Definitely this. I use PostgreSQL (which Lemmy uses on the backend) for an enterprise-grade system that has anywhere from 700-1k users at any given point in time, and it also takes in several million messages from external systems throughout the day. PostgreSQL is excellent at caching data in memory. I’ve got the code for that system up in another window while I write this.
At this point in time, it doesn’t look like Lemmy is using any form of an L2 cache like Redis or Memched. The only single point of failure (that’s not horizontally scalable) looks like the pic-rs server that Lemmy is using for image hosting. If anything, that could easily be swapped over to use something S3 compatible and easily hosted using something like Minio locally, or even directly off of B2 or Linode cloud storage (doesn’t charge for requests).
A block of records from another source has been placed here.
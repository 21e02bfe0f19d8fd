-- ===== src/Reassembler/Settle.antt =====
-- Reassembler::insert of src/reassembler.cc: how new data gets its place, at the front, at the end
-- or before a node.
use mathlib.Core.Path.{fun_ext}
use networkinglab.Base.{
  ℕ, ◌+◌, ◌*◌, ◌≤◌, ◌<◌, ◌≡◌, inl, inr, refl, ap, Option, none, some, List, [], ◌∷◌, leb, ltb,
  length, ◌++◌, add64-eq, u64_mod, arith, Bool-cases, ltb→lt, ltb→ge, leb→le, leb→gt,
}
use networkinglab.Reassembler.{Substring, put, visit, sweep, settle, place_edge, last_start}
use networkinglab.Reassembler.Layout.{finish, finish_of, Ordered, total, total-le}
use networkinglab.Reassembler.Visit.{visit_first, visit_apart}
use networkinglab.Reassembler.Sweep.{Keeps, After, visit-Keeps, sweep-Keeps}

-- Both steps of the insertion.
abbrev pub merge : ℕ → List ℕ → List Substring → ℕ → List Substring × ℕ
merge first str ns nb =
    let p = place_edge first str ns nb in settle first p.rest p.nodes none p.count

-- A node that begins behind the one before it stays.
visit_behind :
    (hi nb : ℕ) (prev : Option Substring) (n : Substring)
    (rest : Option Substring → ℕ → List Substring × ℕ)
    → hi < u64_mod
    → finish_of prev ≤ n.start
    → finish n ≤ hi
    → length n.bytes ≤ nb
    → nb < u64_mod
    → visit prev n nb rest ≡ put n (rest (some n) nb)
visit_behind hi nb none n rest w h f c v = visit_first n nb rest
visit_behind hi nb (some p) n rest w h f c v =
    visit_apart p n nb hi rest (omega arith) (omega arith) f w c v h

put-new-Keeps :
    {hi k : ℕ} {prev : Option Substring} {new n : Substring} {ns : List Substring}
    {r : List Substring × ℕ}
    → finish_of prev ≤ n.start
    → 0 < length n.bytes
    → finish n ≤ hi
    → Keeps (length n.bytes + k) hi (some n) (new ∷ ns) r
    → Keeps k hi prev (new ∷ n ∷ ns) (put n r)
put-new-Keeps {prev = prev} h full fits r = record {
  ordered = (h, full, fits, r.ordered);
  counted = omega (arith, r.counted);
  covered = λ i. ground (arith, r.covered i);
  agrees = λ whole a. (a.1.0, r.agrees whole (a.0, a.1.1));
}

-- The last node of the list, or the one before the list.
abbrev last_of : Option Substring → List Substring → Option Substring
last_of prev [] = prev
last_of prev (n ∷ ns) = last_of (some n) ns

After-last :
    (first : ℕ) (n : Substring) (ns : List Substring)
    → last_start n ns ≤ first
    → After first (last_of (some n) ns)
unfolding last_start
After-last first n [] h = h
After-last first n (m ∷ ns) h = After-last first m ns h

module _ (hi first : ℕ) (x : ℕ) (xs : List ℕ) (word : hi * 2 < u64_mod)
    (fits : first + length (x ∷ xs) ≤ hi) where
  abbrev new : Substring
  new = record { start = first; bytes = x ∷ xs }

  append-Keeps :
      (ns : List Substring) (k nb : ℕ) (prev : Option Substring)
      → Ordered (finish_of prev) hi ns
      → finish_of prev ≤ hi
      → After first (last_of prev ns)
      → nb ≡ total (new ∷ ns) + k
      → nb < u64_mod
      → Keeps k hi prev (new ∷ ns) (sweep (ns ++ (new ∷ [])) prev nb)
  unfolding sweep
  append-Keeps [] k nb prev o f after e w =
      visit-Keeps hi (finish new) k nb new [] (sweep []) (omega arith)
        (λ p nb' k' h f' e' w'.
          sweep-Keeps hi (omega arith) [] (finish new) k' nb' (some p) tt h f' e' w')
        (omega arith) (omega arith) fits e w prev after f (λ h. omega arith)
  append-Keeps (n ∷ ns) k nb prev o f after e w =
      rw
        (visit_behind hi nb prev n (sweep (ns ++ (new ∷ []))) (omega arith) o.0 o.2 (omega arith) w)
        (put-new-Keeps o.0 o.1 o.2
          (append-Keeps ns (length n.bytes + k) nb (some n) o.3 o.2 after (omega arith) w))

  insert-Keeps :
      (n : Substring) (ns : List Substring) (k nb : ℕ) (prev : Option Substring)
      → Ordered (finish_of prev) hi (n ∷ ns)
      → finish_of prev ≤ hi
      → After first prev
      → first ≤ n.start
      → nb ≡ total (new ∷ n ∷ ns) + k
      → nb < u64_mod
      → Keeps k hi prev (new ∷ n ∷ ns) (visit prev new nb (sweep (n ∷ ns)))
  insert-Keeps n ns k nb prev o f after h e w =
      visit-Keeps hi n.start k nb new (n ∷ ns) (sweep (n ∷ ns)) (omega arith)
        (λ p nb' k' h' f' e' w'.
          sweep-Keeps hi (omega arith) (n ∷ ns) n.start k' nb' (some p) (omega arith, o.1, o.2, o.3)
            h' f' e' w')
        h (omega arith) fits e w prev after f (λ _. o.0)

  -- One round with the data still in hand; `next` is what the loop does behind the node.
  settle_step :
      (n : Substring) (ns : List Substring) (k nb : ℕ) (prev : Option Substring)
      → Ordered (finish_of prev) hi (n ∷ ns)
      → finish_of prev ≤ hi
      → After first prev
      → nb ≡ total (n ∷ ns) + k
      → nb + length (x ∷ xs) < u64_mod
      → (n.start < first
          → Keeps
              (length n.bytes + k)
              hi
              (some n)
              (new ∷ ns)
              (settle first (x ∷ xs) ns (some n) nb))
      → Keeps k hi prev (new ∷ n ∷ ns) (settle first (x ∷ xs) (n ∷ ns) prev nb)
  unfolding settle
  settle_step n ns k nb prev o f after e w next = elim (Bool-cases (leb first n.start)) [
    | inl c ↦
        rw (c, add64-eq nb (length (x ∷ xs)) w)
          (insert-Keeps n ns k (nb + length (x ∷ xs)) prev o f after (leb→le _ _ c) (omega arith) w)
    | inr c ↦
        rw
          (
            c,
            visit_behind hi nb prev n (settle first (x ∷ xs) ns) (omega arith) o.0 o.2 (omega arith)
                (omega arith),
          )
          (put-new-Keeps o.0 o.1 o.2 (next (leb→gt _ _ c)))
  ]

  settle-Keeps :
      (n : Substring) (ns : List Substring) (k nb : ℕ) (prev : Option Substring)
      → Ordered (finish_of prev) hi (n ∷ ns)
      → finish_of prev ≤ hi
      → After first prev
      → first ≤ last_start n ns
      → nb ≡ total (n ∷ ns) + k
      → nb + length (x ∷ xs) < u64_mod
      → Keeps k hi prev (new ∷ n ∷ ns) (settle first (x ∷ xs) (n ∷ ns) prev nb)
  unfolding last_start
  settle-Keeps n [] k nb prev o f after h e w =
      settle_step n [] k nb prev o f after e w (λ l. absurd (omega arith))
  settle-Keeps n (m ∷ ns) k nb prev o f after h e w =
      settle_step n (m ∷ ns) k nb prev o f after e w (λ l.
        settle-Keeps m ns (length n.bytes + k) nb (some n) o.3 o.2 (omega arith) h (omega arith) w)

-- With no data in hand the loop only sweeps.
settle-nil :
    (first : ℕ) (ns : List Substring) (prev : Option Substring) (nb : ℕ)
    → settle first [] ns prev nb ≡ sweep ns prev nb
unfolding settle sweep
settle-nil first [] prev nb = refl
settle-nil first (n ∷ ns) prev nb =
    ap (visit prev n nb) (fun_ext λ p. fun_ext λ k. settle-nil first ns p k)

-- Data that wait for a place get one, and no byte is lost.
pub merge-Keeps :
    (hi first : ℕ) (x : ℕ) (xs : List ℕ) (ns : List Substring) (nb : ℕ)
    → hi * 2 < u64_mod
    → first + length (x ∷ xs) ≤ hi
    → Ordered 0 hi ns
    → nb ≡ total ns
    → Keeps 0 hi none (record { start = first; bytes = x ∷ xs } ∷ ns) (merge first (x ∷ xs) ns nb)
unfolding place_edge
merge-Keeps hi first x xs [] nb w f o e =
    rw
      (
        settle-nil first (new hi first x xs w f ∷ []) none,
        add64-eq nb (length (x ∷ xs)) (omega arith),
      )
      (append-Keeps hi first x xs w f [] 0 _ none tt (omega arith) tt (omega arith) (omega arith))
merge-Keeps hi first x xs (n ∷ ns) nb w f o e = elim (Bool-cases (ltb (last_start n ns) first)) [
  | inl c ↦ rw c (
      rw
        (
          settle-nil first ((n ∷ ns) ++ (new hi first x xs w f ∷ [])) none,
          add64-eq nb (length (x ∷ xs)) room,
        )
        (append-Keeps hi first x xs w f (n ∷ ns) 0 _ none o (omega arith)
          (After-last first n ns (omega (arith, ltb→lt _ _ c))) (omega arith) room))
  | inr c ↦ rw c (
      settle-Keeps hi first x xs w f n ns 0 nb none o (omega arith) tt (ltb→ge _ _ c) (omega arith)
        room)
]
  where
    room : nb + length (x ∷ xs) < u64_mod
    room = omega (arith, total-le (n ∷ ns) {lo = 0} {hi = hi} (omega arith) o)

-- With no data the list stays as it is.
pub merge-nil :
    (hi first : ℕ) (ns : List Substring) (nb : ℕ)
    → hi < u64_mod
    → Ordered 0 hi ns
    → nb ≡ total ns
    → Keeps 0 hi none ns (merge first [] ns nb)
unfolding place_edge
merge-nil hi first ns nb w o e = rw (settle-nil first ns none nb) (
    sweep-Keeps hi w ns 0 0 nb none o tt (omega arith) (omega arith)
      (omega (arith, total-le ns {lo = 0} {hi = hi} (omega arith) o)))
In that case, I’d use a message queue. Rabbitmq, or I use Pulsar at work - multiple subscribers (using the same subscription name) to one queue of messages that need to be processed. One worker picks it up, processes it, and marks the message as processed. The worker either passes it into a different queue for further processing, or persists it to the DB.
The nice thing with this is when using the Pulsar paradigm, you can have multiple subscriptions to the same message queue, each one carrying its own state as to which messages are processed or not. So say I get one message from an external system, have one system that is processing it right now, and need to add a second system. In that case I just use a different subscription name for the second system, and it works independently of the first with no issues.